◆ WHAT THE EXERCISE ASKS:
Each line from the one holding "is_ip = λ _. false;" to the last line below must be written out exactly, with no other output.

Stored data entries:
-- ===== src/Csr/Tests.antt =====
-- Small requests, and the theorems at them.
use windows_machine_config_o.Common.{
  ◌≤◌, String, ◌≡◌, ◌≢◌, ◌↔◌, refl, true, false, none, some, [], ◌∷◌, In, All, ok, items, arith,
  eq_iff,
}
use windows_machine_config_o.Common.Text.{trim_prefix, drop_text, text_size}
use windows_machine_config_o.Daemon.Cleanup.{contains_text}
use windows_machine_config_o.Instances.{Info}
use windows_machine_config_o.Csr.{
  World, SigningRequest, CertificateRequest, node_found, has_usages, kubelet_server_usages,
  parse_csr, matches_dns, validate_node_name, validate_kubelet_serving_csr, is_node_client_cert,
  validate_kind, validate_csr_contents, approve,
}
use windows_machine_config_o.Csr.Approved.{IsApprovable, approve-IsApprovable, has_usages-All}
use windows_machine_config_o.Csr.Gaps.{validate_node_name_part}

abbrev winhost : Info
winhost = record {
  address = "winhost.example.com";
  ipv4_address = "10.0.0.7";
  username = "Administrator";
  node = none;
}

abbrev serving : CertificateRequest
serving = record {
  common_name = "system:node:winhost";
  organization = items ("system:nodes" ∷ []);
  dns_names = "winhost" ∷ [];
  email_addresses = [];
  ip_addresses = [];
}

abbrev world : World
world = record {
  pem_decode = λ request. some ("CERTIFICATE REQUEST", request);
  parse_certificate_request = λ _. some serving;
  get_instances = some (winhost ∷ []);
  is_ip = λ _. false;
  lookup_addr = λ _. none;
  has_signer = true;
  find_host_name = λ _. some "winhost";
  is_dns1123_subdomain = λ _. true;
  get_node = λ _. node_found;
}

abbrev request : SigningRequest
request = record {
  request = "pem";
  groups = "system:nodes" ∷ "system:authenticated" ∷ [];
  usages = "digital signature" ∷ "server auth" ∷ [];
}

request_approved : (approve world true request).0 ≡ true
unfolding approve validate_csr_contents parse_csr validate_node_name matches_dns contains_text
    validate_kind is_node_client_cert validate_kubelet_serving_csr has_usages trim_prefix drop_text
    text_size
request_approved = refl

approve-IsApprovable_example : IsApprovable world request
approve-IsApprovable_example = approve-IsApprovable world true request request_approved

-- A request in which the usage of a server is missing passes.
has_usages-All_example :
    (has_usages ("digital signature" ∷ "digital signature" ∷ []) kubelet_server_usages ≡ true) ↔ (
      (2 ≤ 2)
      × All (λ u. In u kubelet_server_usages) ("digital signature" ∷ "digital signature" ∷ []))
has_usages-All_example =
    has_usages-All ("digital signature" ∷ "digital signature" ∷ []) kubelet_server_usages

abbrev letter : String
letter = "w"

letter_given : letter ≢ ""
letter_given e = absurd (ground (arith, (eq_iff letter "").1 e))

validate_node_name_part_example : validate_node_name world letter ≡ ok true
validate_node_name_part_example =
    validate_node_name_part world winhost [] "" letter "inhost.example.com" letter_given refl refl
      refl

◆ REPLY:
  is_ip = λ _. false;
  lookup_addr = λ _. none;
  has_signer = true;
  find_host_name = λ _. some "winhost";
  is_dns1123_subdomain = λ _. true;
  get_node = λ _. node_found;
}

abbrev request : SigningRequest
request = record {
  request = "pem";
  groups = "system:nodes" ∷ "system:authenticated" ∷ [];
  usages = "digital signature" ∷ "server auth" ∷ [];
}

request_approved : (approve world true request).0 ≡ true
unfolding approve validate_csr_contents parse_csr validate_node_name matches_dns contains_text
    validate_kind is_node_client_cert validate_kubelet_serving_csr has_usages trim_prefix drop_text
    text_size
request_approved = refl

approve-IsApprovable_example : IsApprovable world request
approve-IsApprovable_example = approve-IsApprovable world true request request_approved

-- A request in which the usage of a server is missing passes.
has_usages-All_example :
    (has_usages ("digital signature" ∷ "digital signature" ∷ []) kubelet_server_usages ≡ true) ↔ (
      (2 ≤ 2)
      × All (λ u. In u kubelet_server_usages) ("digital signature" ∷ "digital signature" ∷ []))
has_usages-All_example =
    has_usages-All ("digital signature" ∷ "digital signature" ∷ []) kubelet_server_usages

abbrev letter : String
letter = "w"

letter_given : letter ≢ ""
letter_given e = absurd (ground (arith, (eq_iff letter "").1 e))

validate_node_name_part_example : validate_node_name world letter ≡ ok true
validate_node_name_part_example =
    validate_node_name_part world winhost [] "" letter "inhost.example.com" letter_given refl refl
      refl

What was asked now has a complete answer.